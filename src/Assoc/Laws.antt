-- ===== src/Assoc/Laws.antt =====
-- Reading a map after a write.
use velocity_mcp.Base.{Bool-cases, [], false, inl, inr, refl, some, ◌∷◌, ◌≡◌}
use velocity_mcp.Bytes.{Bytes, equal}
use velocity_mcp.Bytes.Laws.{equal-eq, equal_refl}
use velocity_mcp.Assoc.{Assoc, insert, lookup}

module _ {ℓ} {V : Type ℓ} where
  pub lookup-insert_self : (k : Bytes) (v : V) (m : Assoc V) → lookup k (insert k v m) ≡ some v
  unfolding lookup insert
  lookup-insert_self k v [] = rw (equal_refl k)
  lookup-insert_self k v ((i, w) ∷ m) = elim (Bool-cases (equal i k)) [
    | inl e ↦ rw (e, e)
    | inr e ↦ rw (e, e) (lookup-insert_self k v m)
  ]

  pub lookup-insert_ne :
      (k j : Bytes) (v : V) (m : Assoc V) → equal k j ≡ false → lookup j (insert k v m) ≡ lookup j m
  unfolding lookup insert
  lookup-insert_ne k j v [] h = rw h
  lookup-insert_ne k j v ((i, w) ∷ m) h = elim (Bool-cases (equal i k)) [
    | inl e ↦ let same : equal i j ≡ false = rw (equal-eq i k e) h in rw (e, same) refl
    | inr e ↦ elim (Bool-cases (equal i j)) [
      | inl f ↦ rw (e, f) refl
      | inr f ↦ rw (e, f) (lookup-insert_ne k j v m h)
    ]
  ]
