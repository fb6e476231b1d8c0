-- ===== src/Base64.antt =====
-- `base64.StdEncoding` of encoding/base64: the standard alphabet with padding.
pub mod Groups
pub mod RoundTrip
pub mod Canonical
use velocity_mcp.Base.{
  Bool, Option, [], if◌then◌else◌, leb, ltb, none, not, some, ℕ, ◌%◌, ◌&&◌, ◌*◌, ◌++◌, ◌+◌, ◌-◌,
  ◌/◌, ◌==◌, ◌>>=◌, ◌||◌, ◌∷◌,
}
use velocity_mcp.Bytes.{Bytes}

-- The character of a six-bit value.
unfoldable pub symbol : ℕ → ℕ
symbol v =
    if ltb v 26
    then v + 65
    else if ltb v 52
    then v + 71
    else if ltb v 62
    then v - 4
    else if v == 62
    then b'+'
    else b'/'

-- The six-bit value of a character of the alphabet.
unfoldable pub value : ℕ → Option ℕ
value c =
    if leb b'A' c && leb c b'Z'
    then some (c - 65)
    else if leb b'a' c && leb c b'z'
    then some (c - 71)
    else if leb b'0' c && leb c b'9'
    then some (c + 4)
    else if c == b'+'
    then some 62
    else if c == b'/'
    then some 63
    else none

unfoldable pub encode : Bytes → Bytes
unfolding symbol
encode [] = []
encode (a ∷ []) = symbol (a / 4) ∷ symbol (a % 4 * 16) ∷ b'=' ∷ b'=' ∷ []
encode (a ∷ b ∷ []) =
    symbol (a / 4) ∷ symbol (a % 4 * 16 + b / 16) ∷ symbol (b % 16 * 4) ∷ b'=' ∷ []
encode (a ∷ b ∷ c ∷ s) =
    symbol (a / 4)
    ∷ symbol (a % 4 * 16 + b / 16)
    ∷ symbol (b % 16 * 4 + c / 64)
    ∷ symbol (c % 64)
    ∷ encode s

-- A final group of two characters; `strict` refuses bits left over.
unfoldable pub decode_two : Bool → ℕ → ℕ → Option Bytes
unfolding value
decode_two strict a b = do
  x ← value a
  y ← value b
  if strict && not (y % 16 == 0) then none else some ((x * 4 + y / 16) ∷ [])

unfoldable pub decode_three : Bool → ℕ → ℕ → ℕ → Option Bytes
unfolding value
decode_three strict a b c = do
  x ← value a
  y ← value b
  z ← value c
  let out = (x * 4 + y / 16) ∷ (y % 16 * 16 + z / 4) ∷ []
  if strict && not (z % 4 == 0) then none else some out

unfoldable pub decode_four : ℕ → ℕ → ℕ → ℕ → Option Bytes
unfolding value
decode_four a b c d = do
  x ← value a
  y ← value b
  z ← value c
  w ← value d
  some ((x * 4 + y / 16) ∷ (y % 16 * 16 + z / 4) ∷ (z % 4 * 64 + w) ∷ [])

-- Padding ends the text: whatever follows it is refused.
unfoldable pub decode_last : Bool → ℕ → ℕ → ℕ → Bytes → Option Bytes
unfolding decode_two decode_three
decode_last strict a b c [] = if c == b'=' then decode_two strict a b else decode_three strict a b c
decode_last strict a b c (_ ∷ _) = none

unfoldable pub decode_quads : Bool → Bytes → Option Bytes
unfolding decode_last decode_four
decode_quads strict [] = some []
decode_quads strict (a ∷ b ∷ c ∷ d ∷ s) =
    let rest = decode_quads strict s in
    if d == b'='
    then decode_last strict a b c s
    else (decode_four a b c d >>= λ g. rest >>= λ r. some (g ++ r))
decode_quads strict _ = none

-- The decoder passes over line breaks wherever they stand.
unfoldable pub without_breaks : Bytes → Bytes
without_breaks [] = []
without_breaks (c ∷ s) = if c == b'\n' || c == b'\r' then without_breaks s else c ∷ without_breaks s

-- `DecodeString`, of `Strict()` if the flag is set.
unfoldable pub decode : Bool → Bytes → Option Bytes
unfolding decode_quads without_breaks
decode strict s = decode_quads strict (without_breaks s)
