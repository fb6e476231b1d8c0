-- ===== src/Base64/Groups.antt =====
-- The alphabet, and the groups of up to three bytes that four characters carry.
use velocity_mcp.Base.{
  Bool, [], arith, false, none, refl, some, ℕ, ◌%◌, ◌*◌, ◌+◌, ◌/◌, ◌<◌, ◌==◌, ◌∷◌, ◌≡◌, ◌≤◌,
}
use velocity_mcp.Base64.{decode_four, decode_three, decode_two, symbol, value}

value-symbol : (v : ℕ) → v < 64 → value (symbol v) ≡ some v
unfolding value symbol
value-symbol v h = ground arith

pub symbol_bounds : (v : ℕ) → (33 ≤ symbol v) × (symbol v ≤ 126)
unfolding symbol
symbol_bounds v = ground arith

pub symbol-ne-pad : (v : ℕ) → v < 64 → (symbol v == b'=') ≡ false
unfolding symbol
symbol-ne-pad v h = ground arith

value-pad : value b'=' ≡ none
unfolding value
value-pad = refl

-- A character stands for one value only.
pub symbol-value : (c v : ℕ) → value c ≡ some v → (v < 64) × (symbol v ≡ c)
unfolding value symbol
symbol-value c v h = ground arith

pub decode_four-symbol :
    (a b c : ℕ)
    → a < 256
    → b < 256
    → c < 256
    → decode_four
        (symbol (a / 4))
        (symbol (a % 4 * 16 + b / 16))
        (symbol (b % 16 * 4 + c / 64))
        (symbol (c % 64))
      ≡ some (a ∷ b ∷ c ∷ [])
unfolding decode_four
decode_four-symbol a b c p q r =
    rw
      (
        value-symbol (a / 4) (omega arith),
        value-symbol (a % 4 * 16 + b / 16) (omega arith),
        value-symbol (b % 16 * 4 + c / 64) (omega arith),
        value-symbol (c % 64) (omega arith),
      )
      (ground arith)

pub decode_three-symbol :
    (strict : Bool) (a b : ℕ)
    → a < 256
    → b < 256
    → decode_three strict (symbol (a / 4)) (symbol (a % 4 * 16 + b / 16)) (symbol (b % 16 * 4))
      ≡ some (a ∷ b ∷ [])
unfolding decode_three
decode_three-symbol strict a b p q =
    rw
      (
        value-symbol (a / 4) (omega arith),
        value-symbol (a % 4 * 16 + b / 16) (omega arith),
        value-symbol (b % 16 * 4) (omega arith),
      )
      (ground arith)

pub decode_two-symbol :
    (strict : Bool) (a : ℕ)
    → a < 256
    → decode_two strict (symbol (a / 4)) (symbol (a % 4 * 16)) ≡ some (a ∷ [])
unfolding decode_two
decode_two-symbol strict a p =
    rw (value-symbol (a / 4) (omega arith), value-symbol (a % 4 * 16) (omega arith)) (ground arith)
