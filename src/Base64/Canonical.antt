-- ===== src/Base64/Canonical.antt =====
-- Strict decoding accepts one spelling of each text: the encoder's.
use velocity_mcp.Base.{
  ==_iff, >>=-eq-some, Bool-cases, [], ap, arith, inl, inr, some, some-eq, subst, sym, true, ℕ, ◌%◌,
  ◌*◌, ◌++◌, ◌+◌, ◌/◌, ◌<◌, ◌==◌, ◌∙◌, ◌∷◌, ◌≡◌,
}
use velocity_mcp.Bytes.{AreBytes, Bytes}
use velocity_mcp.Base64.{
  decode_four, decode_last, decode_quads, decode_three, decode_two, encode, symbol, value,
}
use velocity_mcp.Base64.Groups.{symbol-value}

-- What a full group of characters says of the three bytes that it carries.
abbrev Carries : ℕ → ℕ → ℕ → ℕ → Bytes → Type 0
Carries a b c d g =
    (x : ℕ) × (y : ℕ) × (z : ℕ) × (g ≡ x ∷ y ∷ z ∷ [])
    × (x < 256)
    × (y < 256)
    × (z < 256)
    × (symbol (x / 4) ≡ a)
    × (symbol (x % 4 * 16 + y / 16) ≡ b)
    × (symbol (y % 16 * 4 + z / 64) ≡ c)
    × (symbol (z % 64) ≡ d)

at : (c : ℕ) {v : ℕ} (w : ℕ) → value c ≡ some v → w ≡ v → symbol w ≡ c
at c {v} w h e = ap symbol e ∙ (symbol-value c v h).1

decode_four-Carries : (a b c d : ℕ) (g : Bytes) → decode_four a b c d ≡ some g → Carries a b c d g
unfolding decode_four
decode_four-Carries a b c d g h =
    let (x, hx, h1) = >>=-eq-some (value a) _ h in
    let (y, hy, h2) = >>=-eq-some (value b) _ h1 in
    let (z, hz, h3) = >>=-eq-some (value c) _ h2 in
    let (w, hw, h4) = >>=-eq-some (value d) _ h3 in
    let px = (symbol-value a x hx).0 in
    let py = (symbol-value b y hy).0 in
    let pz = (symbol-value c z hz).0 in
    let pw = (symbol-value d w hw).0 in
    (
      x * 4 + y / 16,
      y % 16 * 16 + z / 4,
      z % 4 * 64 + w,
      sym (some-eq h4),
      omega arith,
      omega arith,
      omega arith,
      at a _ hx (omega arith),
      at b _ hy (omega arith),
      at c _ hz (omega arith),
      at d _ hw (omega arith),
    )

decode_three-encode :
    (a b c : ℕ) (g : Bytes)
    → decode_three true a b c ≡ some g
    → (encode g ≡ a ∷ b ∷ c ∷ b'=' ∷ []) × AreBytes g
unfolding decode_three encode
decode_three-encode a b c g h =
    let (x, hx, h1) = >>=-eq-some (value a) _ h in
    let (y, hy, h2) = >>=-eq-some (value b) _ h1 in
    let (z, hz, h3) = >>=-eq-some (value c) _ h2 in
    let px = (symbol-value a x hx).0 in
    let py = (symbol-value b y hy).0 in
    let pz = (symbol-value c z hz).0 in
    elim (Bool-cases (z % 4 == 0)) [
      | inl e ↦
          let low : z % 4 ≡ 0 = (==_iff _ _).0 e in
          let r : some ((x * 4 + y / 16) ∷ (y % 16 * 16 + z / 4) ∷ []) ≡ some g = rw e at h3 in
          subst (λ t. (encode t ≡ a ∷ b ∷ c ∷ b'=' ∷ []) × AreBytes t) (some-eq r)
            (
              cc (
                at a (((x * 4 + y / 16)) / 4) hx (omega arith),
                at b ((x * 4 + y / 16) % 4 * 16 + (y % 16 * 16 + z / 4) / 16) hy (omega arith),
                at c ((y % 16 * 16 + z / 4) % 16 * 4) hz (omega arith),
              ),
              (omega arith, (omega arith, tt)),
            )
      | inr e ↦ absurd (ground (arith, h3))
    ]

decode_two-encode :
    (a b : ℕ) (g : Bytes)
    → decode_two true a b ≡ some g
    → (encode g ≡ a ∷ b ∷ b'=' ∷ b'=' ∷ []) × AreBytes g
unfolding decode_two encode
decode_two-encode a b g h =
    let (x, hx, h1) = >>=-eq-some (value a) _ h in
    let (y, hy, h2) = >>=-eq-some (value b) _ h1 in
    let px = (symbol-value a x hx).0 in
    let py = (symbol-value b y hy).0 in
    elim (Bool-cases (y % 16 == 0)) [
      | inl e ↦
          let low : y % 16 ≡ 0 = (==_iff _ _).0 e in
          let r : some ((x * 4 + y / 16) ∷ []) ≡ some g = rw e at h2 in
          subst (λ t. (encode t ≡ a ∷ b ∷ b'=' ∷ b'=' ∷ []) × AreBytes t) (some-eq r)
            (
              cc (
                at a ((x * 4 + y / 16) / 4) hx (omega arith),
                at b ((x * 4 + y / 16) % 4 * 16) hy (omega arith),
              ),
              (omega arith, tt),
            )
      | inr e ↦ absurd (ground (arith, h2))
    ]

decode_last-encode :
    (a b c : ℕ) (s g : Bytes)
    → decode_last true a b c s ≡ some g
    → (encode g ≡ a ∷ b ∷ c ∷ b'=' ∷ s) × AreBytes g
unfolding decode_last
decode_last-encode a b c [] g h = elim (Bool-cases (c == b'=')) [
  | inl e ↦ let pad : c ≡ b'=' = (==_iff _ _).0 e in rw pad (decode_two-encode a b g (rw e at h))
  | inr e ↦ decode_three-encode a b c g (rw e at h)
]
decode_last-encode a b c (d ∷ s) g h = cc

pub encode-decode_quads : (s g : Bytes) → decode_quads true s ≡ some g → (encode g ≡ s) × AreBytes g
unfolding decode_quads encode
encode-decode_quads [] g h = (ground arith, ground arith)
encode-decode_quads (a ∷ []) g h = cc
encode-decode_quads (a ∷ b ∷ []) g h = cc
encode-decode_quads (a ∷ b ∷ c ∷ []) g h = cc
encode-decode_quads (a ∷ b ∷ c ∷ d ∷ s) g h = elim (Bool-cases (d == b'=')) [
  | inl e ↦
      let pad : d ≡ b'=' = (==_iff _ _).0 e in rw pad (decode_last-encode a b c s g (rw e at h))
  | inr e ↦
      let (q, hq, h1) = >>=-eq-some (decode_four a b c d) _ (rw e at h) in
      let (r, hr, h2) = >>=-eq-some (decode_quads true s) _ h1 in
      let (x, y, z, eq, px, py, pz, ea, eb, ec, ed) = decode_four-Carries a b c d q hq in
      let (later, bytes) = encode-decode_quads s r hr in
      let whole : x ∷ y ∷ z ∷ r ≡ g = ap (λ t. t ++ r) (sym eq) ∙ some-eq h2 in
      subst (λ t. (encode t ≡ a ∷ b ∷ c ∷ d ∷ s) × AreBytes t) whole
        (cc (ea, eb, ec, ed, later), (px, (py, (pz, bytes))))
]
***
_WORK ORDER_
Return, from the material above, every line with the word "absurd".

_OUTPUT FOR THIS TASK_
      | inr e ↦ absurd (ground (arith, h3))
      | inr e ↦ absurd (ground (arith, h2))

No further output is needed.